Assignment:
Should a line in the entries below contain "antt", return that line.

Records supplied:
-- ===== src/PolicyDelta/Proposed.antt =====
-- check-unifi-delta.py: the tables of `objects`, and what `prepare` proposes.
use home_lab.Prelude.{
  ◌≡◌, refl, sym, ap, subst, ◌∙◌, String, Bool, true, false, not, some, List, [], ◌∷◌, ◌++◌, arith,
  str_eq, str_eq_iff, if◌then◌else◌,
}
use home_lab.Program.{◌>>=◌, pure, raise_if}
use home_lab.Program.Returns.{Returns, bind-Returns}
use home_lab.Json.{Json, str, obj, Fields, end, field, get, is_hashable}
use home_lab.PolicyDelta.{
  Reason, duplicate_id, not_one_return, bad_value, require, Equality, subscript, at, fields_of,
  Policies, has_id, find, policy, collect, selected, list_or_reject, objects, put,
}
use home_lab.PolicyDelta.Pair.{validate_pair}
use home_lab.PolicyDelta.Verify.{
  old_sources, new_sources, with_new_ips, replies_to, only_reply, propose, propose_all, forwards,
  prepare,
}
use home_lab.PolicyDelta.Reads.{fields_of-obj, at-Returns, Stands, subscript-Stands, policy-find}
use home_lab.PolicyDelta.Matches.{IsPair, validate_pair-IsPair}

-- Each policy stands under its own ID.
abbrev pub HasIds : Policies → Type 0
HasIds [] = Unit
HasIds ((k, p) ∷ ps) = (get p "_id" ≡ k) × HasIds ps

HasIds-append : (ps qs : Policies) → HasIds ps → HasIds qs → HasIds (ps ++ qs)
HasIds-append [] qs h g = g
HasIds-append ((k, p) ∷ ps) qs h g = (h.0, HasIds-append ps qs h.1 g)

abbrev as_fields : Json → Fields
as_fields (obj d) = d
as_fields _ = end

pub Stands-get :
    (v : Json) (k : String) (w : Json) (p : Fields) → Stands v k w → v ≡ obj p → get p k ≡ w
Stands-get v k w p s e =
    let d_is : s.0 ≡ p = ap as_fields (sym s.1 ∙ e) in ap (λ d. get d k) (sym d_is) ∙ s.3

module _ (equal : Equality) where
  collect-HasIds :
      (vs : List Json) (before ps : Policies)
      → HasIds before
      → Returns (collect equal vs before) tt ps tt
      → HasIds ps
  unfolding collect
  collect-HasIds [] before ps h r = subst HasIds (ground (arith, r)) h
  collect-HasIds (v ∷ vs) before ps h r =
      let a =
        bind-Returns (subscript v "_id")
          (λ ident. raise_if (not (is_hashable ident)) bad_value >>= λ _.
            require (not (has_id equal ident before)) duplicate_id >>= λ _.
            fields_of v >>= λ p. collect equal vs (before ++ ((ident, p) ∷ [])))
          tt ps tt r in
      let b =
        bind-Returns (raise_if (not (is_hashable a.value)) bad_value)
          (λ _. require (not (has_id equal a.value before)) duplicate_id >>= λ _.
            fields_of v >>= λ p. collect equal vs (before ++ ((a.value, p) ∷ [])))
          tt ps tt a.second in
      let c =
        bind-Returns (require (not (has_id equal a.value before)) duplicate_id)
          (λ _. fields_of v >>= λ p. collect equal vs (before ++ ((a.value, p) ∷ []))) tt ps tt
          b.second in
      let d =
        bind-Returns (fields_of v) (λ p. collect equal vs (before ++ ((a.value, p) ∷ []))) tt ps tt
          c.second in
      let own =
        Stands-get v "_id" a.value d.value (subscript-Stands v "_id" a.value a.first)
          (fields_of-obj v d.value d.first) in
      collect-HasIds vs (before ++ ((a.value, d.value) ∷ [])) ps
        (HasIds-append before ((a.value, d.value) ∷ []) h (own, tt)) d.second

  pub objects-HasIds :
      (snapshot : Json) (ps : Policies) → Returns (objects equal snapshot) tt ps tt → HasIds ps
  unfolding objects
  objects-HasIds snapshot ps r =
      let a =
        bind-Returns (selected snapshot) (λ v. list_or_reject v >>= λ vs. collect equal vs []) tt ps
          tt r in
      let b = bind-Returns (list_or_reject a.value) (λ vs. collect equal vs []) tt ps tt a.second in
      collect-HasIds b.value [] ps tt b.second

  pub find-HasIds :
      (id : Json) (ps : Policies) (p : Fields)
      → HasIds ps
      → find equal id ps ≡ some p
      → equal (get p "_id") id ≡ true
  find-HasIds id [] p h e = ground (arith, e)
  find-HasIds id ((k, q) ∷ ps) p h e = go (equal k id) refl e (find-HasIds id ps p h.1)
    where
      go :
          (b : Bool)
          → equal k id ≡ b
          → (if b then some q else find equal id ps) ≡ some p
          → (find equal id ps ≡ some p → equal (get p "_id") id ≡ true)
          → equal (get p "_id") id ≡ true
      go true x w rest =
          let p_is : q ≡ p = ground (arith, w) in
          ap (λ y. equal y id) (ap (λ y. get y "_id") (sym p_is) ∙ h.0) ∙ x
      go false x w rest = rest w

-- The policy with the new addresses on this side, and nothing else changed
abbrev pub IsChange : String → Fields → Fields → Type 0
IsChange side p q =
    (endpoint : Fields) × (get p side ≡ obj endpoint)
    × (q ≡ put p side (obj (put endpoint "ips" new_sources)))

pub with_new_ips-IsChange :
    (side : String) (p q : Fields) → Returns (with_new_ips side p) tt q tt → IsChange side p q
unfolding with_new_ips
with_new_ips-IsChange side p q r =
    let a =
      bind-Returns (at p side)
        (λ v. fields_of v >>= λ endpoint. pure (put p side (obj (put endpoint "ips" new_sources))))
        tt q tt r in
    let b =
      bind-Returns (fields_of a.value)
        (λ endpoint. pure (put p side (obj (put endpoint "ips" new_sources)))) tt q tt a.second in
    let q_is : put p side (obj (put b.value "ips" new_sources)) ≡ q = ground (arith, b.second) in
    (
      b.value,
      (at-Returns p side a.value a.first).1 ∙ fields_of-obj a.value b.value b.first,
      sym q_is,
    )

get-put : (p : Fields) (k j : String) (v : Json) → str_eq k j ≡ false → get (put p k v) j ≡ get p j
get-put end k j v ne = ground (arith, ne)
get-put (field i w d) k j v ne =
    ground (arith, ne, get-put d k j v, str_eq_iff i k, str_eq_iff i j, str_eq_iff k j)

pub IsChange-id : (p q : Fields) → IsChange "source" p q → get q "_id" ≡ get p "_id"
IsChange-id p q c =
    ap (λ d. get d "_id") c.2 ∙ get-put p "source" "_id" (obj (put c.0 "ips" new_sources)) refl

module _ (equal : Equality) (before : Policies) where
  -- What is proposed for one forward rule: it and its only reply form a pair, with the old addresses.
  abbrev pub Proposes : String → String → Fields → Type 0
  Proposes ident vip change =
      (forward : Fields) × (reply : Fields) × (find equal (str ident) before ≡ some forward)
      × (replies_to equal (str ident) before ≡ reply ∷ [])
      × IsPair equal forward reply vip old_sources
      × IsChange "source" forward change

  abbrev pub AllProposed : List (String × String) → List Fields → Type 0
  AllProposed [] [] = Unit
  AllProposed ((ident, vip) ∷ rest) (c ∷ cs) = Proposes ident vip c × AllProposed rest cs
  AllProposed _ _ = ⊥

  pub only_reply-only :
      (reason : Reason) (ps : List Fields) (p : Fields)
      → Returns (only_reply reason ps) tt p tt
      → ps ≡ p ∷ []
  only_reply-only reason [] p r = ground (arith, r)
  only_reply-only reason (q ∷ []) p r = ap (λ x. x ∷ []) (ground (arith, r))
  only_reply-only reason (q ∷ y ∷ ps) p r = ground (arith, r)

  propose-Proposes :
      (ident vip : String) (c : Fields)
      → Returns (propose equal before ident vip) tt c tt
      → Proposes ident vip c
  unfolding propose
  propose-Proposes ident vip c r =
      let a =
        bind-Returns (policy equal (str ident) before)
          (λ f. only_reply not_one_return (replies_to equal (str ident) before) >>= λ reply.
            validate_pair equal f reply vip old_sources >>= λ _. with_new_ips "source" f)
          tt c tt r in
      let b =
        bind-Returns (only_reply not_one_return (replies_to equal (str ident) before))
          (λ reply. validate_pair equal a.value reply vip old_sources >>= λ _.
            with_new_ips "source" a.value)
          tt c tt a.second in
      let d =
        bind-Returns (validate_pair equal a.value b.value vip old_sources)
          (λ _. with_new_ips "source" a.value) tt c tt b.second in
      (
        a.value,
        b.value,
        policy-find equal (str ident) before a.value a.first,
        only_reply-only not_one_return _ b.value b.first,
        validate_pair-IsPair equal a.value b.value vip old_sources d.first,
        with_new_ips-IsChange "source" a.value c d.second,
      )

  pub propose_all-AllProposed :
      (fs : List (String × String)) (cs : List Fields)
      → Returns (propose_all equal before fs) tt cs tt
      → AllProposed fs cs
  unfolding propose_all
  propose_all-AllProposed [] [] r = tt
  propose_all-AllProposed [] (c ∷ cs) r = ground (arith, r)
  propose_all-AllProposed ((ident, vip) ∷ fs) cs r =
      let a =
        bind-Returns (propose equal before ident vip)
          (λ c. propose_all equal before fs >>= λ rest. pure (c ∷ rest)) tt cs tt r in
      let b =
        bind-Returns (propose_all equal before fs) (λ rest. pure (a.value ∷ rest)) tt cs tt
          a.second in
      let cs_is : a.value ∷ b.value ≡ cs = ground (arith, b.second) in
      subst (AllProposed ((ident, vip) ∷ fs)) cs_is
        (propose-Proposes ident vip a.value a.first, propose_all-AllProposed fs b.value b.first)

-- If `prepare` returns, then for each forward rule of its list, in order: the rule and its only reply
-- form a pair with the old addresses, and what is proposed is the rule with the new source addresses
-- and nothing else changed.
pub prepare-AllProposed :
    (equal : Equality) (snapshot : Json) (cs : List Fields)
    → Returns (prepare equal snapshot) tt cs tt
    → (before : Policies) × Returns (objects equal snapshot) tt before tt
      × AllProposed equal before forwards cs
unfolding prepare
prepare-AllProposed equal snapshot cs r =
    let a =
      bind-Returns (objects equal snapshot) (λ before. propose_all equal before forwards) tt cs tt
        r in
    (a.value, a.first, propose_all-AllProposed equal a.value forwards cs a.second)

* * *

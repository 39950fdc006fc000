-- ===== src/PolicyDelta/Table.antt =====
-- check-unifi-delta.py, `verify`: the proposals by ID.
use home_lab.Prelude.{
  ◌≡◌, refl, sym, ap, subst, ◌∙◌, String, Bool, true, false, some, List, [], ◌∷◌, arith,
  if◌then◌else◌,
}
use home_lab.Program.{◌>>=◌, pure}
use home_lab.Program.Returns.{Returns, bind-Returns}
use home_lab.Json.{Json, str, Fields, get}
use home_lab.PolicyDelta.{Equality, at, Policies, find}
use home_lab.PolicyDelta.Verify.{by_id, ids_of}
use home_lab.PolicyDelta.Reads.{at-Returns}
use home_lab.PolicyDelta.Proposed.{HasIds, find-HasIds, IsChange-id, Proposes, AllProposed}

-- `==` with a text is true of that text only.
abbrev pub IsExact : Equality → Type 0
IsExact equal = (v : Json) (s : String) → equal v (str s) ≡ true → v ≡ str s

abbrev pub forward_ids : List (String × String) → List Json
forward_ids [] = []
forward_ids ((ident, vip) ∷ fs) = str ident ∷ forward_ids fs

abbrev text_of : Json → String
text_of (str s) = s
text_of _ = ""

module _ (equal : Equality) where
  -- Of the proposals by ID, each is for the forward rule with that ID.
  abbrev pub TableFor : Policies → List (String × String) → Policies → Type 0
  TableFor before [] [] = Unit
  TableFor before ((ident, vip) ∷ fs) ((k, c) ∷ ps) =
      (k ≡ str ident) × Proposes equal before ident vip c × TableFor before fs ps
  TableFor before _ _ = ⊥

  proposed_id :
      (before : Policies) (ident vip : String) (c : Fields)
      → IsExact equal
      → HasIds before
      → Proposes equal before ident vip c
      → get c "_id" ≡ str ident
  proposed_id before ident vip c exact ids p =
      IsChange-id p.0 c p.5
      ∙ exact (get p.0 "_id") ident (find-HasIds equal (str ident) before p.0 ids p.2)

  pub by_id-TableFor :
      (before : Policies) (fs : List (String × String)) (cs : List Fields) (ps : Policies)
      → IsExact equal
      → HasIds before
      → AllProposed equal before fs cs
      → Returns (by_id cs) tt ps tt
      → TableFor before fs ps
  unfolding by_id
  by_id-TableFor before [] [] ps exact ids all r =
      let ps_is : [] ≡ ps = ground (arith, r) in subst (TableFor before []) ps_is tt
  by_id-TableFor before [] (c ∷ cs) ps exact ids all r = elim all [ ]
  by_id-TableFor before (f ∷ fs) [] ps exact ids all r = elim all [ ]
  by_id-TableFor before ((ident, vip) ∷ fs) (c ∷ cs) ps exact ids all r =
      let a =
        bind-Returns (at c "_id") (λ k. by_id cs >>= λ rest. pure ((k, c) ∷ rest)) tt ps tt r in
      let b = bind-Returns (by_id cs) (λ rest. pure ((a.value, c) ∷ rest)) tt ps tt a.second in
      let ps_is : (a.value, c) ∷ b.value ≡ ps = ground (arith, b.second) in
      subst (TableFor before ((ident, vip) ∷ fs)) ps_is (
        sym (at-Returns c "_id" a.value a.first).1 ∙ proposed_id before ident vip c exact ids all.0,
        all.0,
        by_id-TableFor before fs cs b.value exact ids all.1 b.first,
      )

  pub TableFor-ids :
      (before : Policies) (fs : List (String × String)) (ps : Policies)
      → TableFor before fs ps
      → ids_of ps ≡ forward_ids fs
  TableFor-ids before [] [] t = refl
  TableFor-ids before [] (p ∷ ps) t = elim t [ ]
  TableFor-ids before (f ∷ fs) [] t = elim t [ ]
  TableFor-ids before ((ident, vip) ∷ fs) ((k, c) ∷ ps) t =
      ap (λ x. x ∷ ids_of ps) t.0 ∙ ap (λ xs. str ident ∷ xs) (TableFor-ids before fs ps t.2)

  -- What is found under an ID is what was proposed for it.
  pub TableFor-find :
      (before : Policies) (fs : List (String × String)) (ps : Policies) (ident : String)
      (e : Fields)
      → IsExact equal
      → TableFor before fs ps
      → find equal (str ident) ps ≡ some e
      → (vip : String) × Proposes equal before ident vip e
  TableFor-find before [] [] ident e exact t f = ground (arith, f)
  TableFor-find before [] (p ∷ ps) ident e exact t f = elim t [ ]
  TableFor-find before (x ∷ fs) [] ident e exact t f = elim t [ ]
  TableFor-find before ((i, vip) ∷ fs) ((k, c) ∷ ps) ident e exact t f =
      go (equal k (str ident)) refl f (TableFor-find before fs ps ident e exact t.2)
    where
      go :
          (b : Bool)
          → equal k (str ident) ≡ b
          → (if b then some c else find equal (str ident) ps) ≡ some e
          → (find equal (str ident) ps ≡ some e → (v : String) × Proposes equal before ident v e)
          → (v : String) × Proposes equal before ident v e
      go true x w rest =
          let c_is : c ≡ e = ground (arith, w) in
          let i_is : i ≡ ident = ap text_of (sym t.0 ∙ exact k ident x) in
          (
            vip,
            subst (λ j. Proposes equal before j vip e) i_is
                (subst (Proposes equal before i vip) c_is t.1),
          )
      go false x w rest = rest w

--

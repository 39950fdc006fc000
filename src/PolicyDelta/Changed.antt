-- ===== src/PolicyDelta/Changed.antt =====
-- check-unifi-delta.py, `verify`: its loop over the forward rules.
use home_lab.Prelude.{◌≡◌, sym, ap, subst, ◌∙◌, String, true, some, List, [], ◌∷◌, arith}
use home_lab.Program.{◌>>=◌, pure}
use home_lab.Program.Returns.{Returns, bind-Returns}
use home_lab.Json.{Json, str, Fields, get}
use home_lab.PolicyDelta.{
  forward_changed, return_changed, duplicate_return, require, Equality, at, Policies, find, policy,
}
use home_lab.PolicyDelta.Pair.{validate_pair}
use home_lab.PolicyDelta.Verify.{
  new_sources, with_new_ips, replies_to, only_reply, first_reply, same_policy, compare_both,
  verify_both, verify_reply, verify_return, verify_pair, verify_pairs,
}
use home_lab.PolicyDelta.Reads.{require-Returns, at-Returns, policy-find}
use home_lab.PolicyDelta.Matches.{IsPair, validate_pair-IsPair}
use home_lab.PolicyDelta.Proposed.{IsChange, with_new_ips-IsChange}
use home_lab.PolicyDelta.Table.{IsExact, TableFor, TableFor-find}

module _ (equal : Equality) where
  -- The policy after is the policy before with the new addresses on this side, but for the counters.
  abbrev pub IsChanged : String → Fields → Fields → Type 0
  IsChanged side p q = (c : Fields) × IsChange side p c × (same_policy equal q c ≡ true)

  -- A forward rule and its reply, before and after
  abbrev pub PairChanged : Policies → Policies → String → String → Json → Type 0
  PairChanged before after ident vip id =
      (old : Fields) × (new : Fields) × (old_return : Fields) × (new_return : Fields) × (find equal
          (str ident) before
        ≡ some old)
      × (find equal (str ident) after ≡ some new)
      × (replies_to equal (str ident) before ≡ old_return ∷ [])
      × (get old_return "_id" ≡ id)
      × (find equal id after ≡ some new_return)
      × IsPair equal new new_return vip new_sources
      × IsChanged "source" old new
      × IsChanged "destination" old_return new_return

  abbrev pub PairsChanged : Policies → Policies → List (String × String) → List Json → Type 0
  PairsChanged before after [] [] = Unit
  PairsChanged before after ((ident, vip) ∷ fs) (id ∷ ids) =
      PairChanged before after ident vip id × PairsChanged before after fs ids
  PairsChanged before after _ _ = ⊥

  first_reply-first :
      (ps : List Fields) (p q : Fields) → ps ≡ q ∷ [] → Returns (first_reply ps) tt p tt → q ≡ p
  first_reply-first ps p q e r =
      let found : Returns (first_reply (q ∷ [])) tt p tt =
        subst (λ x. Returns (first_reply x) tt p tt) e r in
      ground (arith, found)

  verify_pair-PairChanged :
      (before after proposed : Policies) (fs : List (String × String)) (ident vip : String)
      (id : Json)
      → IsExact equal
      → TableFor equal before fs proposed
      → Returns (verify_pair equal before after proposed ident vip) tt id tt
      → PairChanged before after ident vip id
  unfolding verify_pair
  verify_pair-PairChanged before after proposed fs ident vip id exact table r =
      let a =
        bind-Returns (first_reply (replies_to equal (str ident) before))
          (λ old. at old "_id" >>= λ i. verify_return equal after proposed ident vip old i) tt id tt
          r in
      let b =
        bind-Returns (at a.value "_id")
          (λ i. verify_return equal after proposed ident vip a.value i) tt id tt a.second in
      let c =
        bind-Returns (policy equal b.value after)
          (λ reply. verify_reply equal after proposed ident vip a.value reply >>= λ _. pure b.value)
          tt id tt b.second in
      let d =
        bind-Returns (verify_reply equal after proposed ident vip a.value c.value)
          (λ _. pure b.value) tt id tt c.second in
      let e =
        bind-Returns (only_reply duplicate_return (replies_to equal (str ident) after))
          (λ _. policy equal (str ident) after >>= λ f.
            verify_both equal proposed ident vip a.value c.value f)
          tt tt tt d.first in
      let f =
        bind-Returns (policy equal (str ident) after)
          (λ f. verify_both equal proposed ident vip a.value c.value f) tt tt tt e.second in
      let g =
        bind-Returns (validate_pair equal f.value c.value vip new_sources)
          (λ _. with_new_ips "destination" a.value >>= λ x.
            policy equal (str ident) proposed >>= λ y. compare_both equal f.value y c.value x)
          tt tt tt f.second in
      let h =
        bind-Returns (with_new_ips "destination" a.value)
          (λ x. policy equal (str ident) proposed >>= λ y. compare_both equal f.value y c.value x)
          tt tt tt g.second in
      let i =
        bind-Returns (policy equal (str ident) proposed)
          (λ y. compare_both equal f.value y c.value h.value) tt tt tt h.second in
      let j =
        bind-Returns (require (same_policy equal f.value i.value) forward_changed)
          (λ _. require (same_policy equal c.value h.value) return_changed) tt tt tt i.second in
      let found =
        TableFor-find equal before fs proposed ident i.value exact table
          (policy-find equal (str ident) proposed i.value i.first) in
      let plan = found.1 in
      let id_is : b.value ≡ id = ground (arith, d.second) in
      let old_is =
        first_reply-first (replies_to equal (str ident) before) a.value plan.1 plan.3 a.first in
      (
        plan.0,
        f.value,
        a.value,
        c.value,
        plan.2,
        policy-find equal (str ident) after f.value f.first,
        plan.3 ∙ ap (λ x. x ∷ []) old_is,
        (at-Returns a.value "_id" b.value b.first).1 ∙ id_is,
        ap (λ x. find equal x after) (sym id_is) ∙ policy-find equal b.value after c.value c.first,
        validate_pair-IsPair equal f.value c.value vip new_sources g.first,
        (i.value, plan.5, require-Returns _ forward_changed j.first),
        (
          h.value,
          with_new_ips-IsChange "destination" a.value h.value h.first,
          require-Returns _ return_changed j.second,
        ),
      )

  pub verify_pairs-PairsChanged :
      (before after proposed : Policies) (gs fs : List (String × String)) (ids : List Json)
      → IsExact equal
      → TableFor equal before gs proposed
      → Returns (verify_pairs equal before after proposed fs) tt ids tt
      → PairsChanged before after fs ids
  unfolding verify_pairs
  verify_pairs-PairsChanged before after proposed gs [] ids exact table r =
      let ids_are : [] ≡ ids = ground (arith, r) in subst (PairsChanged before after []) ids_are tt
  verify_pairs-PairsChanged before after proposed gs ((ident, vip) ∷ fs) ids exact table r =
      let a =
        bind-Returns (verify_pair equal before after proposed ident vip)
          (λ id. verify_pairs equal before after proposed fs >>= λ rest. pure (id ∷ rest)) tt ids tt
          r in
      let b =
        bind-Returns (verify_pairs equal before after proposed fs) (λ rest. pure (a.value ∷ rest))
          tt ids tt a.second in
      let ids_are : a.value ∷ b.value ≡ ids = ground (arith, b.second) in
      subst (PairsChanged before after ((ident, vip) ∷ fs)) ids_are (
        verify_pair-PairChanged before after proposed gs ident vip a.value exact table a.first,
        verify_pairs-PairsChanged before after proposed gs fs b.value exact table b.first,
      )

Solution to the exercise:
-- ===== src/PolicyDelta/Proposed.antt =====
-- ===== src/PolicyDelta/Table.antt =====
filename src/PolicyDelta/Changed.antt
-- ===== src/PolicyDelta/Changed.antt =====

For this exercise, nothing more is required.